In two days Charlie turns 22 months old...and, in two months, two years old! I love her, I love her, I love her SO much! I hate this situation we're in but I love that because of it I NEVER take anything Charlie does for granted...everything she does is AMAZING and nothing short of a miracle! Charlie is now saying ball, bubbles, more, mama, dada, who's there, uh-oh, and bye! And now because she's been tasting foods, every time we're out a restaurant she'll hum mmmmmm the entire time we're eating, over and over, not so subtly hinting for a taste. We don't really like to feed her in public because it promotes salivation and she can choke if she's not laying down, so we look like big meanies eating in front of our famished kid that's begging for a bite. But, we don't mind how it looks, we actually love it, and smile with pride, we never ever thought we'd see this day, so she can mmmmmm all she wants! We never thought she'd really talk either, and to be honest, as much as I know that SMA does not affect the brain, It's easy to forget that and think that she doesn't understand what we're talking about or what's going on because she can't really physically reply to us or point at what she wants. When Charlie does something new for the first time, my heart feels like it's going to explode and spew confetti out of my chest...I just want to throw my arms up in the air, scream HALLELUJAH and do a rain dance or something. This kid is sooooo (for lack of a better word) fu#*ing amazing!!!
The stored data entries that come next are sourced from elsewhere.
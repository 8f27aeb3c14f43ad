-- ===== src/Barrier/Examples.antt =====
-- The theorems about the barrier, for two threads that meet and go on.
use bits_on_demand_pte_te.Prelude.{
  ℕ, ◌+◌, ◌-◌, ◌*◌, ◌<◌, ◌≤◌, ◌≡◌, refl, Bool, true, false, Option, none, some, List, [], ◌∷◌,
  arith,
}
use bits_on_demand_pte_te.Prelude.Lists.{get_elem?}
use bits_on_demand_pte_te.Pte.Machine.{ℤ}
use bits_on_demand_pte_te.Barrier.{
  Barrier, sb_barrier_init, release, Caller, ready, waiting, returned, sb_barrier_wait, wake,
  System, calls, wakes, Steps, done, step,
}
use bits_on_demand_pte_te.Barrier.Tally.{tally, called, answered, leads, fails, waits_in}
use bits_on_demand_pte_te.Barrier.Rounds.{
  start, fresh, sb_barrier_wait-rounds, sb_barrier_wait-all_released,
}
use bits_on_demand_pte_te.Barrier.Results.{sb_barrier_wait-one_serial_thread}

abbrev first : Option Bool → Barrier
first callback = fresh 2 callback

abbrev second : Option Bool → Barrier
second callback = (sb_barrier_wait (first callback)).0

abbrev third : Option Bool → Barrier
third callback = (sb_barrier_wait (second callback)).0

abbrev before : Option Bool → List Caller
before callback = (sb_barrier_wait (first callback)).1 ∷ ready ∷ []

abbrev between : Option Bool → List Caller
between callback = (sb_barrier_wait (first callback)).1 ∷ (sb_barrier_wait (second callback)).1 ∷ []

-- The first thread waits, the second ends the round, and the first goes on.
abbrev met : Option Bool → System
met callback = record {
  barrier = third callback;
  callers = wake (third callback) 0 ∷ (sb_barrier_wait (second callback)).1 ∷ [];
}

meeting : (callback : Option Bool) → Steps (start (fresh 2 callback) 2) (met callback)
unfolding start sb_barrier_wait release
meeting callback =
    step _ (record { barrier = third callback; callers = between callback }) _
      (step _ (record { barrier = second callback; callers = before callback }) _
        (step _ _ _ (done (start (fresh 2 callback) 2))
          (calls (first callback) (ready ∷ ready ∷ []) 0 refl))
        (calls (second callback) (before callback) 1 refl))
      (wakes (third callback) (between callback) 0 0 refl)

makes : (callback : Option Bool) → sb_barrier_init 2 callback true ≡ some (fresh 2 callback)
unfolding sb_barrier_init
makes callback = refl

sb_barrier_wait-rounds_example :
    (tally called (met none).callers
      ≡ (met none).barrier.serial * 2 + (2 - (met none).barrier.count))
    × (tally (waits_in (met none).barrier.serial) (met none).callers ≡ 2 - (met none).barrier.count)
    × (tally answered (met none).callers ≤ (met none).barrier.serial * 2)
    × (0 < (met none).barrier.count)
    × ((met none).barrier.count ≤ 2)
sb_barrier_wait-rounds_example =
    sb_barrier_wait-rounds 2 2 none (fresh 2 none) (met none) (omega arith) (omega arith)
      (makes none) (meeting none)

sb_barrier_wait-one_serial_thread_example :
    (tally leads (met (some false)).callers ≡ (met (some false)).barrier.serial)
    × (tally fails (met (some false)).callers ≡ 0)
sb_barrier_wait-one_serial_thread_example =
    sb_barrier_wait-one_serial_thread 2 2 (some false) (fresh 2 (some false)) (met (some false))
      (omega arith) (omega arith) refl (makes (some false)) (meeting (some false))

-- Both threads have their results, one of them that of the serial thread.
both : (tally answered (met none).callers ≡ 2) × (tally leads (met none).callers ≡ 1)
unfolding tally answered leads sb_barrier_wait release wake
both = (refl, refl)

called_twice : tally called (met none).callers ≡ 2
unfolding tally called sb_barrier_wait release wake
called_twice = refl

sb_barrier_wait-all_released_example :
    ((met none).barrier.serial ≡ 1)
    × ((i serial : ℕ)
        → get_elem? (met none).callers i ≡ some (waiting serial)
        → (r : ℤ) × (wake (met none).barrier serial ≡ returned r))
sb_barrier_wait-all_released_example =
    sb_barrier_wait-all_released 2 1 none (fresh 2 none) (met none) (omega arith) (omega arith)
      (makes none) (meeting none) called_twice
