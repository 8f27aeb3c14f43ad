-- ===== src/Counter.antt =====
-- test10/sysbench/src/sb_counter.c and the inline functions of sb_counter.h: counters that each
-- thread adds to, and the two reports that the main thread takes of their sums. The counters are
-- 64-bit words; each operation is one step.
mod Examples
pub mod Intervals
pub mod Sums
use bits_on_demand_pte_te.Prelude.{
  ℕ, zero, suc, ◌+◌, ◌-◌, ◌%◌, ◌^◌, Bool, true, false, Option, none, some, List, [], ◌∷◌,
}
use bits_on_demand_pte_te.Prelude.Lists.{get_or, set, replicate}

abbrev pub u64 : ℕ → ℕ
u64 n = n % 2 ^ 64

-- The constants of `sb_counter_type_t`, by their values.
pub data CounterType : Type 0 where
  other read write event error reconnect bytes_read bytes_written : CounterType

abbrev pub index : CounterType → ℕ
index other = 0
index read = 1
index write = 2
index event = 3
index error = 4
index reconnect = 5
index bytes_read = 6
index bytes_written = 7

-- SB_CNT_MAX
abbrev pub cnt_max : ℕ
cnt_max = 8

-- `sb_counters`, with an array of `cnt_max` words for each thread and one more for the background
-- threads, the values at the last reports, and `sb_globals.threads`.
pub record Counters : Type 0 where
  pub threads : ℕ
  pub sb_counters : List (List ℕ)
  pub last_intermediate_counters : List ℕ
  pub last_cumulative_counters : List ℕ

-- `sb_alloc_per_thread_array`, for arrays of `cnt_max` words: the number of the arrays is a sum of 32
-- bits. `allocated` is whether the memory is given.
unfoldable pub sb_alloc_per_thread_array : (allocated : Bool) (threads : ℕ) → Option (List (List ℕ))
sb_alloc_per_thread_array false threads = none
sb_alloc_per_thread_array true threads =
    some (replicate ((threads + 1) % 2 ^ 32) (replicate cnt_max 0))

-- None is no memory: the code has then written to a null pointer, before the test for the result 1.
unfoldable pub sb_counters_init : (allocated : Bool) (threads : ℕ) → Option Counters
unfolding sb_alloc_per_thread_array
sb_counters_init allocated threads = elim (sb_alloc_per_thread_array allocated threads) [
  | none ↦ none
  | some rows ↦ some (record {
    threads = threads;
    sb_counters = rows;
    last_intermediate_counters = replicate cnt_max 0;
    last_cumulative_counters = replicate cnt_max 0;
  })
]

unfoldable pub sb_counter_val : Counters → (thread_id : ℕ) → CounterType → ℕ
sb_counter_val c thread_id type = get_or (get_or c.sb_counters thread_id []) (index type) 0

unfoldable pub sb_counter_add : Counters → (thread_id : ℕ) → CounterType → (val : ℕ) → Counters
unfolding sb_counter_val
sb_counter_add c thread_id type val = record c {
  sb_counters = set c.sb_counters thread_id (
      set (get_or c.sb_counters thread_id []) (index type)
        (u64 (sb_counter_val c thread_id type + val)));
}

unfoldable pub sb_counter_inc : Counters → (thread_id : ℕ) → CounterType → Counters
unfolding sb_counter_add
sb_counter_inc c thread_id type = sb_counter_add c thread_id type 1

-- The loop `i < sb_globals.threads`, for the counter at `t`, over the arrays from the first one on.
unfoldable pub merge_threads : (threads : ℕ) → List (List ℕ) → (t dst : ℕ) → ℕ
merge_threads zero rows t dst = dst
merge_threads (suc threads) [] t dst = dst
merge_threads (suc threads) (row ∷ rows) t dst =
    merge_threads threads rows t (u64 (dst + get_or row t 0))

-- The loop over the types, from `t` on.
unfoldable pub sb_counters_merge : (threads : ℕ) → List (List ℕ) → (dst : List ℕ) (t : ℕ) → List ℕ
unfolding merge_threads
sb_counters_merge threads rows [] t = []
sb_counters_merge threads rows (d ∷ dst) t =
    merge_threads threads rows t d ∷ sb_counters_merge threads rows dst (suc t)

-- The differences, which go to `dst`, and the new `cp`.
unfoldable pub sb_counters_checkpoint : (dst cp : List ℕ) → List ℕ × List ℕ
sb_counters_checkpoint [] cp = ([], cp)
sb_counters_checkpoint (d ∷ dst) [] = (d ∷ dst, [])
sb_counters_checkpoint (d ∷ dst) (c ∷ cp) =
    let (dst', cp') = sb_counters_checkpoint dst cp in
    (u64 (d + (2 ^ 64 - c % 2 ^ 64)) ∷ dst', d ∷ cp')

unfoldable pub sb_counters_agg_intermediate : Counters → List ℕ × Counters
unfolding sb_counters_merge sb_counters_checkpoint
sb_counters_agg_intermediate c =
    let (val, cp) =
      sb_counters_checkpoint (sb_counters_merge c.threads c.sb_counters (replicate cnt_max 0) 0)
        c.last_intermediate_counters in
    (val, record c { last_intermediate_counters = cp })

unfoldable pub sb_counters_agg_cumulative : Counters → List ℕ × Counters
unfolding sb_counters_merge sb_counters_checkpoint
sb_counters_agg_cumulative c =
    let (val, cp) =
      sb_counters_checkpoint (sb_counters_merge c.threads c.sb_counters (replicate cnt_max 0) 0)
        c.last_cumulative_counters in
    (val, record c { last_cumulative_counters = cp })
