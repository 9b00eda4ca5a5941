-- ===== src/Registry/Refines.antt =====
-- The registry as a client of it sees it: a partial function from clients to session ids.
use bonded.Prelude.Map.{lookup, lookup-insert, lookup-remove}
use bonded.Registry.{SessionRegistry, register_client, unregister_client}
use bonded.Registry.Unique.{Call, registers, unregisters, step, run}
use bonded.Prelude.{
  ℕ, ◌+◌, ◌%◌, ◌^◌, ◌≡◌, ◌∙◌, Option, none, some, List, [], ◌∷◌, arith, Text, text_beq, text_eq,
  text_beq_iff, Option-cases, inl, inr, if◌then◌else◌,
}

-- What the registry promises: who has which session, and the next id.
pub record Sessions : Type 0 where
  pub next : ℕ
  pub session_of : Text → Option ℕ

unfoldable pub updated : (Text → Option ℕ) → Text → Option ℕ → Text → Option ℕ
updated f key value k = if text_beq key k then value else f k

-- A client without a session gets the next one; a client that leaves has none.
unfoldable pub promised : Sessions → Call → Sessions
unfolding updated
promised s (registers key) = elim (s.session_of key) [
  | some i ↦ s
  | none ↦ record {
    next = (s.next + 1) % 2 ^ 64;
    session_of = updated s.session_of key (some s.next);
  }
]
promised s (unregisters key) = record s { session_of = updated s.session_of key none }

unfoldable pub promised_run : Sessions → List Call → Sessions
unfolding promised
promised_run s [] = s
promised_run s (c ∷ cs) = promised_run (promised s c) cs

-- The registry stands for these sessions.
pub record Implements (r : SessionRegistry) (s : Sessions) : Type 0 where
  pub next : r.next_session_id ≡ s.next
  pub found : (k : Text) → lookup k r.sessions_by_client ≡ s.session_of k

-- The answer of a registration is the client's session afterwards.
abbrev pub Answers : SessionRegistry → Sessions → Call → Type 0
Answers r s (unregisters key) = Unit
Answers r s (registers key) =
    some (register_client r key).0 ≡ (promised s (registers key)).session_of key

step-Implements :
    (r : SessionRegistry) (s : Sessions) (c : Call)
    → Implements r s
    → Implements (step r c) (promised s c) × Answers r s c
unfolding step promised register_client unregister_client
step-Implements r s (unregisters key) w = (
  record {
    next = w.next;
    found = λ k. ground (arith, w.found k, lookup-remove key k r.sessions_by_client);
  },
  tt,
)
step-Implements r s (registers key) w = elim (Option-cases (s.session_of key)) [
  | inr (i, there) ↦
      let known = w.found key ∙ there in
      (record { next = ground arith; found = λ k. ground (arith, w.found k) }, ground arith)
  | inl free ↦
      let unknown = w.found key ∙ free in
      (
        record {
          next = ground (arith, w.next);
          found = λ k. ground (
            arith,
            w.next,
            w.found k,
            lookup-insert key k r.next_session_id r.sessions_by_client,
          );
        },
        ground (arith, w.next, text_beq_iff key key),
      )
]

-- Along any history of registrations and removals, each step of the registry implements the step of the
-- abstract partial function: the same clients are found with the same session ids afterwards, and a
-- registration answers the id that the function then has for the client.
pub run-Implements :
    (r : SessionRegistry) (s : Sessions) (cs : List Call) (c : Call)
    → Implements r s
    → Implements (run r cs) (promised_run s cs) × Answers (run r cs) (promised_run s cs) c
unfolding run promised_run
run-Implements r s [] c w = (w, (step-Implements r s c w).1)
run-Implements r s (d ∷ cs) c w =
    run-Implements (step r d) (promised s d) cs c (step-Implements r s d w).0
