-- ===== src/Registry/Tests.antt =====
-- Runs of the registry, and its theorems at inputs that meet their hypotheses.
use bonded.Prelude.Map.{lookup, insert, remove}
use bonded.Registry.{default, register_client, unregister_client, active_sessions}
use bonded.Registry.Unique.{Call, registers, unregisters, run, IsUnique, run-IsUnique}
use bonded.Registry.Refines.{Sessions, Implements, Answers, promised_run, run-Implements}
use bonded.Prelude.{none, ◌≡◌, refl, List, [], ◌∷◌, ascii, arith, Text, text_beq, text_eq}

abbrev alice : Text
alice = ascii "alice"

abbrev bob : Text
bob = ascii "bob"

abbrev history : List Call
history = registers alice ∷ registers bob ∷ unregisters alice ∷ registers alice ∷ []

two_active : active_sessions (run default history) ≡ 2
unfolding active_sessions run default register_client unregister_client lookup insert remove
    text_beq
two_active = refl

run-IsUnique_example : IsUnique (run default history)
run-IsUnique_example = run-IsUnique history (omega arith)

empty : Sessions
empty = record { next = 0; session_of = λ k. none }

empty-Implements : Implements default empty
unfolding default lookup empty
empty-Implements = record { next = refl; found = λ k. refl }

run-Implements_example :
    Implements (run default history) (promised_run empty history)
    × Answers (run default history) (promised_run empty history) (registers bob)
run-Implements_example = run-Implements default empty history (registers bob) empty-Implements
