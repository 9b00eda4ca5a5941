-- ===== src/Scheduler.antt =====
-- crates/bonded-core/src/scheduler.rs: which path carries the next frame.
pub mod Rotation
mod Tests
use bonded.Prelude.{ℕ, ◌+◌, ◌%◌, ◌^◌, Option, none, some, List, [], ◌∷◌, get_elem?, length}

abbrev pub PathId : Type 0
PathId = ℕ

-- `next_index` is a usize of 64 bits.
pub record RoundRobinScheduler : Type 0 where
  pub next_index : ℕ

unfoldable pub default : RoundRobinScheduler
default = record { next_index = 0 }

unfoldable pub choose_path : RoundRobinScheduler → List PathId → Option PathId × RoundRobinScheduler
choose_path s [] = (none, s)
choose_path s (p ∷ ps) =
    let idx = s.next_index % length (p ∷ ps) in
    (get_elem? (p ∷ ps) idx, record { next_index = (s.next_index + 1) % 2 ^ 64 })

-- `ActiveStandbyScheduler::choose_path`: the first path, with no state.
unfoldable pub choose_standby : List PathId → Option PathId
choose_standby [] = none
choose_standby (p ∷ ps) = some p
Sooooo, I found an apartment and I move in ten days. It's bittersweet. Matt and I have both been uptight and I know its because we're worried about not waking up with Charlie every single day. Just thinking about it now breaks my heart, bad. Even if it sounds lame and co-dependant, she's my best friend and pretty much the only person I wanna spend all of my time with. We need each other. But, I know Matt loves her just as much as I do and we're gonna work out a plan that works best for all of us. We're only going to live minutes away from each other so distance won't be an issue. It'll all work itself out, we're just afraid of the unknown.
I recently did the Sun Run and a run for prostate cancer and have plans for another 10k as well as the Canuck Place Adventure Challenge again this year. Since training for the Adventure Challenge last year I've become completely smitten with fitness and group fitness activities. I'm in a running group with a couple of girlfriends, and I go to Canuck Place every Thursday for Crossfit with other parents in similar situations, although we never really discuss our kids, it's just our time to work on ourselves, and I really like and appreciate that. Exercise makes me feel so good in such a stressful time, If I miss a day I feel like I'm melting and worry that I could slip into a funk...I'm addicted to the endorphins. When Charlie was diagnosed something snapped in me...my slogan became: "We Don't Have Anything If We Don't Have Our Health"...and it's true. Who cares how much money you have or how big your house is if you're sick? What good will it do you? That and I need to be fit to properly take care of Charlie...she's about 24 lbs now and cannot support herself at all so just transferring her or putting her in the stroller or tub requires strength, never mind when I wanna pick her up to dance with me! Charlie comes running with me too and she LOVES it! I think she feels like she's running...she sings along to my ipod the entire time and grins from ear to ear, her big front teeth protruding...it's so awesome that we can have that together. I'd really like to work something out where she could come bike riding with me too, but I'm not sure how that would look because I have to be able to keep an eye on her at all times, but I'm working on it.
Life is changing, and it's scary and stressful. BUT, Charlie's happy, growing and thriving, and that really helps keep things in perspective. We're so lucky to have her.
Happy Birthday Charlie Barley!! I love you to the moon and back!